Feb. 17, 2000, 12:16 p.m. CST
by Citizen Pain
If anyone deserves a lifetime achievement Oscar, it's Roger Corman. Sure, some of his films were often loooooow-budget. Ok, ALL of his films were low budget. But, his influence cannot be ignored. He is the Father of Alternitive/Independant cinema. He is the mentor to Francis Ford Coppola, Martin Scorsese, Ron Howard, Jonathan Demme and Jack Nicholson. If not the Oscar, then the Irving Thalberg Award, I mean Warren Beatty has made some stinkers too. What do you guys think?
Feb. 17, 2000, 12:20 p.m. CST
I just wanted to remind Moriarty that John Williams was already honoured quite admirably. "The Happy Wanderers" aka Stan and Yosh Shmenge saluted him once on SCTV. If I remember, Stan wore an imitation R2D2 hat, and Yosh was dressed like Darth Vader. Snakes hung down from the ceiling a la "Indiana Jones"
Feb. 17, 2000, 2:02 p.m. CST
When you look at the best music of John Williams, it's truly staggering. Being the huge fan I am of the Superman movie, I'm tempted, however, to say that it's his "most perfect" score. It's hard, 'cause Raiders of the Lost Ark is so damn "on," and Star Wars is no slouch, but Williams' themes so quintessentially define Superman, so hit the nail on the head, that I have to give it the slight nod. Agentcooper, great example by the way. The fanfare is what everyone knows (crank it up loud during the credits, especially when the Superman "S" explodes onto the screen!), but there're so many great little moments too.
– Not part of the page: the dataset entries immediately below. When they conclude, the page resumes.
-- ===== src/Actor/State.antt =====
-- What the actor loop carries: the context that the steps fill, and the world that the specialists
-- act on. The keys of the context that the loop neither reads nor writes stay outside.
use tempa.Base.{ℕ, String, Bool, Option, List, [], ◌∷◌, ◌++◌}
use tempa.Base.Dict.{Dict}
use tempa.Base.Value.{Value, Row}
use tempa.Tasks.{Store}
use tempa.Waves.{Task}

-- An entry of `step_results`.
pub record Step : Type 0 where
  pub agent : String
  pub subtask_id : String
  pub task : String
  pub result : String
  pub payload : Option Row

-- `agent_results` holds what the source keeps under the keys f"{agent}_result".
pub record Context : Type 0 where
  pub planned_steps : List (Option String × String)
  pub action_facts : List String
  pub step_results : List Step
  pub specialist_results : Dict String
  pub agent_results : Dict String

abbrev pub with_step : List Step → Step → List Step
with_step steps s = steps ++ s ∷ []

abbrev pub with_facts : List String → List String → List String
with_facts facts new = facts ++ new

-- What a runner does with a task: `stopped` is a CancelledError.
pub data Attempt : Type 0 where
  returned : String → Attempt
  raised : String → Attempt
  stopped : Attempt

-- What the answer of the model that replans has under `subtasks`: no list, tasks, or a list on which
-- `compute_execution_waves` raises, as it does for an item that is no dictionary or has a
-- `depends_on` that it cannot go through.
pub data Plan : Type 0 where
  no_list : Plan
  planned : List Task → Plan
  unusable : Plan

pub record Advice : Type 0 where
  pub action : Option Value
  pub question : Option Value
  pub subtasks : Plan

-- How asking the model ends: with its answer, with an exception that is caught, or with one that is
-- raised before the `try`.
pub data Answer : Type 0 where
  advised : Advice → Answer
  unanswered : Answer
  unreached : Answer

-- What the loop calls: `parse` is `json.loads` where it gives an object, `size` is `len` of a JSON
-- value, none where that raises, `runner` the table AGENT_RUNNERS, `ask` the model, and `register` the
-- memory of open questions.
pub record Outside (W : Type 0) : Type 0 where
  pub parse : String → Option Row
  pub size : Value → Option ℕ
  pub runner : String → Option ((task user_message : String) → Context → W → Attempt × W)
  pub is_cancelled : W → Bool
  pub clock : W → ℕ
  pub ask : (user_message agent reason : String) → Context → List Task → W → Answer × W
  pub register : String → Context → W → W

-- The world with the task store.
pub record State (W : Type 0) : Type 0 where
  pub world : W
  pub tasks : Store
One of my personal favorite non-fanfare moments comes when Superman finds Lois' body - there's a reprise of the love theme, and then, as he kisses her and lowers her body, the music pauses, with only this odd, lilting instrument (harp?)chiming a few notes. An amazing musical depiction of the realization of death, and one's powerlessness in the face of it. Or how about the quiet reprise of the fanfare when lil' baby Supes raises that truck over his Pa? Or the dark musical sting when General Zod raises his eyes to confront Jor-El and the verdict of the council? Hell, what a score. Yep, Agentcooper, no doubt in my mind that William's contribution to the film is staggeringly huge. He should really be considered one of THE principal creators behind the film, right up there with Richard Donner, Mario Puzo, and Christopher Reeves. I'm buyin' this new CD today.
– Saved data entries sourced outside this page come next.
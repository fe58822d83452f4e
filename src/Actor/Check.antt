-- ===== src/Actor/Check.antt =====
-- `verify_step`, `observe_step` and `results_for_merge` of orchestrator/step_verify.py.
use Prim.Native.String.{◌++◌}
use tempa.Base.{
  ℕ, String, Bool, true, false, not, ◌&&◌, Option, none, some, List, [], ◌∷◌, ◌==◌, any,
  if◌then◌else◌,
}
use mathlib.Core.Option
use tempa.Base.Dict
use tempa.Base.Dict.{Dict}
use tempa.Base.Text.{strip, starts_with, prefix}
use tempa.Base.Value.{Value, Row, truthy, str, str_ℕ, is_text}
use tempa.Base.Match.{includes_lower, pattern_found}
use tempa.Actor.State.{Step, Context, with_step, with_facts}

abbrev pub plain_error_markers : List String
plain_error_markers =
    "not connected" ∷ "failed after retries" ∷ "unknown agent:" ∷ "search failed" ∷ "could not find"
    ∷ []

unfoldable pub agent_error : (agent raw : String) → Bool
unfolding pattern_found
agent_error agent raw =
    if agent == "gmail"
    then pattern_found "gmail" ("not connected" ∷ "failed" ∷ []) raw
    else if agent == "calendar"
    then pattern_found "calendar" ("not connected" ∷ []) raw
    else false

unfoldable pub is_plain_error : String → Bool
unfolding includes_lower
is_plain_error raw =
    not (strip raw == "")
    && not (starts_with (strip raw) "{")
    && any (includes_lower raw) ("error" ∷ "failed" ∷ "not connected" ∷ [])

-- `verify_step` where the result is no JSON object
unfoldable pub verify_text : (agent raw : String) → Bool × String
unfolding includes_lower
verify_text agent raw =
    if includes_lower raw "failed after retries"
    then (false, "specialist failed")
    else if any (includes_lower raw) plain_error_markers
    then (false, prefix 160 raw)
    else if agent_error agent raw
    then (false, prefix 160 raw)
    else if is_plain_error raw
    then (false, prefix 160 raw)
    else (true, "")

-- `str(v or default)`
abbrev pub str_default : Option Value → String → String
unfolding str
str_default none default = default
str_default (some v) default = if truthy v then str v else default

unfoldable pub verify_step : (agent raw : String) → Option Row → Bool × String
verify_step agent raw none = verify_text agent raw
verify_step agent raw (some payload) =
    let status = Dict.get payload "status" in
    if is_text status "pending"
    then (true, "pending")
    else if is_text status "error"
    then (false, str_default (Dict.get payload "reason") "error")
    else (true, "")

abbrev pub is_present : Option Value → Bool
is_present none = false
is_present (some Value.null) = false
is_present (some v) = true

abbrev pub is_true : Option Value → Bool
is_true none = false
is_true (some v) = truthy v

-- ` reason=...`, where there is one
abbrev reason_text : Option Value → String
unfolding str
reason_text v = if is_true v then " reason=" ++ prefix 120 (str_default v "") else ""

-- `len(v or [])`, none where it raises
abbrev pub size_or : (Value → Option ℕ) → Option Value → Option ℕ
size_or size none = some 0
size_or size (some v) = if truthy v then size v else some 0

-- `payload.get("count", n)`, for a length that is taken in any case
unfoldable pub count_of : Option Value → Option ℕ → Option String
unfolding str
count_of count none = none
count_of (some v) (some n) = some (str v)
count_of none (some n) = some (str_ℕ n)

-- The fact that a step adds, for a payload with something in it; none where it raises.
unfoldable pub payload_fact : (Value → Option ℕ) → String → Row → Option String
unfolding str
payload_fact size agent payload =
    let status = Dict.get payload "status" in
    if is_true status
    then some (
        "["
        ++ agent
        ++ "] status="
        ++ str_default status ""
        ++ reason_text (Dict.get payload "reason"))
    else if is_present (Dict.get payload "messages")
    then Option.map (λ count. "[" ++ agent ++ "] found " ++ count ++ " messages")
        (count_of (Dict.get payload "count") (size_or size (Dict.get payload "messages")))
    else if is_present (Dict.get payload "open_findings")
    then some ("[" ++ agent ++ "] qa findings listed")
    else some ("[" ++ agent ++ "] completed")

abbrev text_facts : (agent raw : String) → List String
text_facts agent raw = if strip raw == "" then [] else ("[" ++ agent ++ "] " ++ prefix 200 raw) ∷ []

unfoldable pub facts_of :
    (Value → Option ℕ) → (agent raw : String) → Option Row → Option (List String)
facts_of size agent raw none = some (text_facts agent raw)
facts_of size agent raw (some []) = some (text_facts agent raw)
facts_of size agent raw (some (field ∷ fields)) =
    Option.map (λ fact. fact ∷ []) (payload_fact size agent (field ∷ fields))

-- The entry of a step
abbrev pub entry : (agent raw subtask_id task : String) → Option Row → Step
entry agent raw subtask_id task payload = record {
  agent = agent;
  subtask_id = if subtask_id == "" then agent else subtask_id;
  task = prefix 120 task;
  result = raw;
  payload = payload;
}

-- The context after the new facts of a step.
abbrev pub observed :
    (facts : List String) → (agent raw subtask_id task : String) → Option Row → Context → Context
observed facts agent raw subtask_id task payload ctx = record ctx {
  action_facts = with_facts ctx.action_facts facts;
  step_results = with_step ctx.step_results (entry agent raw subtask_id task payload);
  specialist_results = Dict.put ctx.specialist_results agent raw;
}

-- `observe_step`, with the payload that `parse_step_result` gave; none where it raises, as `len` of a
-- number does.
unfoldable pub observe_step :
    (Value → Option ℕ)
    → (agent raw subtask_id task : String) → Option Row
    → Context
    → Option Context
observe_step size agent raw subtask_id task payload ctx =
    Option.map (λ facts. observed facts agent raw subtask_id task payload ctx)
      (facts_of size agent raw payload)

-- The loop of `results_for_merge`.
unfoldable pub merge_steps : List Step → Dict String → Dict String
merge_steps [] merged = merged
merge_steps (s ∷ steps) merged =
    merge_steps steps (if s.agent == "" then merged else Dict.put merged s.agent s.result)

unfoldable pub results_for_merge : Context → Dict String → Dict String
results_for_merge ctx base = merge_steps ctx.step_results base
Feb. 17, 2000, 3:38 p.m. CST
OH yeah? how about those korn kids in a dying fetus pit, or hell, even good ole fashion slayer still has among the most brutal pits on earth, or how about seeing them churned to little pieces by canadas cryptopsy, or see them skewered to the now defunct brutal truth? yeah korn, die you hip hop ny hardcore rip off little fags DIE AAAAAAAAAHHHHHHHHHHHHHHHHHHHHHHH!!!!!!!!!!!!!!!!!!!!!!!!!!!!! biohazard had it going when you were little tit sucking brats!!!!.....Hey, how about a mosh pit at the oscars?
Feb. 17, 2000, 6:28 p.m. CST
by Stud Boy
The scary thing is that every sci-fi film until the next millenium is gonna be touted by Harry and his fellow geeks as being the one that finally does it. The one that finally does what . . . is as good as Alien?? or some other movie from 15-20 years ago. I really thought AICN was a cool concept of how the Hollywood hype machine perverts the system and how AICN intervenes and puts a big food in there asses but in this case it's become their agent of mass penetration. Avoid the darkness and get into the light wait for video on Pitch Black if you MUST see it.
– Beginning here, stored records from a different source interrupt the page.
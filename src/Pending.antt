-- ===== src/Pending.antt =====
-- The owner-approval store: core/pending_actions.py of src/tempa. Each function takes the stored
-- file, `none` where it is missing or unreadable, and the time of its call where it reads the clock.
mod Examples
pub mod Title
pub mod Call
pub mod Executor
pub mod Execute
pub mod Lifecycle
pub mod Begun
pub mod Once
pub mod Approval
use tempa.Base.{
  ℕ, ◌+◌, ◌*◌, String, Bool, true, false, ◌&&◌, Option, none, some, List, [], ◌∷◌, leb, contains,
  select, ◌==◌, if◌then◌else◌,
}
use tempa.Base.Dict
use tempa.Base.Dict.{Dict}
use tempa.Base.Value.{Row}
use tempa.Base.Sort.{sort_desc}

-- `PendingActionStatus`
pub data Status : Type 0 where
  pending approved rejected expired failed executed : Status

abbrev pub same_status : Status → Status → Bool
same_status pending pending = true
same_status approved approved = true
same_status rejected rejected = true
same_status expired expired = true
same_status failed failed = true
same_status executed executed = true
same_status _ _ = false

-- The record that `create_pending_action` writes. `expires_at` is `none` where it is missing or is
-- no time: the expiry passes both over. `created_at` and `updated_at` are microseconds.
pub record Action : Type 0 where
  pub id : String
  pub kind : String
  pub payload : Row
  pub status : Status
  pub created_at : ℕ
  pub updated_at : ℕ
  pub expires_at : Option ℕ
  pub source_channel : String
  pub risk_level : String
  pub title : String
  pub result : Option Row

abbrev pub Store : Type 0
Store = Option (Dict Action)

abbrev pub action_types : List String
action_types =
    "email_send" ∷ "whatsapp_send" ∷ "slack_send" ∷ "pc_write" ∷ "pc_delete" ∷ "pc_mkdir"
    ∷ "file_transfer" ∷ "plan_preview" ∷ "qa_autofix" ∷ "qa_repo_scan" ∷ "varys_ticket"
    ∷ "jira_create_issue" ∷ "jira_comment" ∷ "jira_transition" ∷ []

abbrev pub pause_on_pending : List String
pause_on_pending =
    "email_send" ∷ "whatsapp_send" ∷ "slack_send" ∷ "pc_write" ∷ "pc_delete" ∷ "pc_mkdir"
    ∷ "file_transfer" ∷ "qa_autofix" ∷ "jira_create_issue" ∷ "jira_transition" ∷ []

-- `pending_action_ttl_seconds` of permissions.yaml, and its default where the file gives none.
abbrev pub ttl_seconds : Option ℕ → ℕ
ttl_seconds none = 3600
ttl_seconds (some n) = n

abbrev pub read_all : Store → Dict Action
read_all none = []
read_all (some actions) = actions

abbrev pub write_all : Dict Action → Store
write_all actions = some actions

abbrev pub is_stale : ℕ → Action → Bool
is_stale now a = elim a.expires_at [
  | none ↦ false
  | some e ↦ same_status a.status pending && leb e now
]

unfoldable pub expire : ℕ → Action → Action
expire now a = if is_stale now a then record a { status = expired; updated_at = now } else a

pub expire_stale : ℕ → Dict Action → Dict Action
unfolding expire
expire_stale now actions = Dict.map_values (expire now) actions

-- What the caller of `create_pending_action` gives; `title` may be empty.
pub record Proposal : Type 0 where
  pub kind : String
  pub payload : Row
  pub source_channel : String
  pub risk_level : String
  pub title : String

-- The new record; `fallback` is `_default_title` of the kind and the payload.
abbrev pub new_action : (ttl : Option ℕ) (now : ℕ) (id fallback : String) → Proposal → Action
new_action ttl now id fallback p = record {
  id = id;
  kind = p.kind;
  payload = p.payload;
  status = pending;
  created_at = now;
  updated_at = now;
  expires_at = some (now + ttl_seconds ttl * 1_000_000);
  source_channel = p.source_channel;
  risk_level = p.risk_level;
  title = (if p.title == "" then fallback else p.title);
  result = none;
}

abbrev pub of_status : Option Status → List Action → List Action
of_status none items = items
of_status (some s) items = select (λ a. same_status a.status s) items

-- `list_pending_actions`: the stored file is written back with what has expired.
unfoldable pub list_pending_actions : Option Status → ℕ → Store → List Action × Store
unfolding expire_stale
list_pending_actions status now store =
    let actions = expire_stale now (read_all store) in
    let items = Dict.values actions in
    (sort_desc (λ a. a.created_at) (of_status status items), write_all actions)

unfoldable pub get_pending_action : String → ℕ → Store → Option Action × Store
unfolding expire_stale
get_pending_action id now store =
    let actions = expire_stale now (read_all store) in (Dict.get actions id, write_all actions)

unfoldable pub update_found : String → Row → ℕ → Store → Option Action → Option Action × Store
update_found id payload now store none = (none, store)
update_found id payload now store (some a) =
    if same_status a.status pending
    then (let b : Action = record a { payload = payload; updated_at = now } in
        (some b, write_all (Dict.put (read_all store) id b)))
    else (none, store)

unfoldable pub update_pending_payload : String → Row → ℕ → Store → Option Action × Store
unfolding update_found
update_pending_payload id payload now store =
    update_found id payload now store (Dict.get (read_all store) id)

unfoldable pub reject_found : String → ℕ → Store → Option Action → Option Action × Store
reject_found id now store none = (none, store)
reject_found id now store (some a) =
    if same_status a.status pending
    then (let b : Action = record a { status = rejected; updated_at = now } in
        (some b, write_all (Dict.put (read_all store) id b)))
    else (some a, store)

unfoldable pub reject_pending_action : String → ℕ → Store → Option Action × Store
unfolding reject_found
reject_pending_action id now store = reject_found id now store (Dict.get (read_all store) id)

abbrev pub or_old : Option Row → Option Row → Option Row
or_old none old = old
or_old (some r) old = some r

unfoldable pub mark_found :
    String → Status → Option Row → ℕ → Store → Option Action → Option Action × Store
mark_found id status result now store none = (none, store)
mark_found id status result now store (some a) =
    let b : Action = record a {
      status = status;
      updated_at = now;
      result = or_old result a.result;
    } in
    (some b, write_all (Dict.put (read_all store) id b))

-- `_mark_action`
unfoldable pub mark_action : String → Status → Option Row → ℕ → Store → Option Action × Store
unfolding mark_found
mark_action id status result now store =
    mark_found id status result now store (Dict.get (read_all store) id)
Feb. 17, 2000, 8:48 p.m. CST
I just read this off the web. Are you guys in any trouble? Here's the link: http://dailynews.yahoo.com/h/nm/20000217/re/oscars_web_1.html
Feb. 17, 2000, 8:56 p.m. CST
... a cool fu&%$#@ flick. I saw it last night the audience I was with had a blast. Does it really have to be better than Alien(s) to be a good film why can't we just pass the popcorn and watch our girlfriends screem and rip a hole into our arms. Who cares Darth about the Fuc&*%g camera movment are you that critical. It's deffinitly worth my $ I'm bringing my boys to check it out peace.
Feb. 21, 2000, 6:21 p.m. CST
Jeezus Christ!! Are you guys too cool or something to acknowledge Bobby Darin or the coming Darin biopic in any way, shape or form?? "American Beauty" (ever hear of that film??) contains FOUR Darin tunes! Kevin Spacey (do you know who he is??) ended his "60 Minutes" interview on network TV last night, my mentioning that he will most likely be signed to do the Darin biopic as his next venture... WHY are YOU so "behind the curve" on this one?? OK..go ahead and laugh..I'm a Bobby Darin Fan, and I should get a life, but seriously, it starts to look like reverse snobism when AICN acts as if Darin and/or his Biopic (there are actually TWO rumored Darin-Bio productions, somewhat currently at odds) do not exist. Re-adjust your cool-meter, for Chrissakes, or just WAKE UP!! I won't even BOTHER to address the issue of Darin's coolness, which has undoubtedly contributed to the interest of such a pic in the real world. This ISN'T Pat Boone..or Vic Damone...or James Darren..or Bobby Rydell..this is BOBBY DARIN, who at 21 years of age,in 1959, out-Sinatra'd Sinatra with the coolest anthem to this very day, the everlastingly hip "Mack The Knife"!!!..As Dr. Evil would say,.."..you just don't get it, do you.."
March 1, 2000, 6:26 a.m. CST
OK, I see so much cynicism & self-righteousness on this website that I often wonder were you people come from. Didn't you have mothers? Have you ever had children? Every film doesn't have to be cutting-edge, innovative, dark, sexy or about totally screwed-up characters to be worthwhile. If that were the case, we'd never have or at least appreciate such gems of the past as THE WIZARD OF OZ, IT'S A WONDERFUL LIFE, AMERICAN GRAFFITI, BREAKING AWAY, HOOSIERS or LOCAL HERO. Many of these were reviled at first by film elitists & are now considered cinema treasures! I happen to think that lovely, life-affirming flicks like FORREST GUMP & THE CIDER HOUSE RULES are sorely needed in this desperate, chaotic world. If I had an Academy vote, mine would have gone to QUIZ SHOW & THE INSIDER in those respective yrs, but I still love & appreciate the other 2. As a matter of fact, I think BEING JOHN MALKOVICH is the most amazing movie of 1999, but CIDER HOUSE is the one I will want to share with my family & friends over the yrs. You have to appreciate each film for the goals it has set for itself & how well it has achieved them. You can't possibly take a sweet, uplifting picture like CIDER HOUSE & compare it to something like EYES WIDE SHUT or THE MATRIX. All I'm saying is look for the positive in a film & you will almost always enjoy the ride - in varying degrees, of course, but you'll still like the journey. One final thought about Kevin Spacey as Bobby Darin - that SO FREAKIN' ROCKS it isn't even funny!!! Oh, and William Goldman is my screenwriting god!!!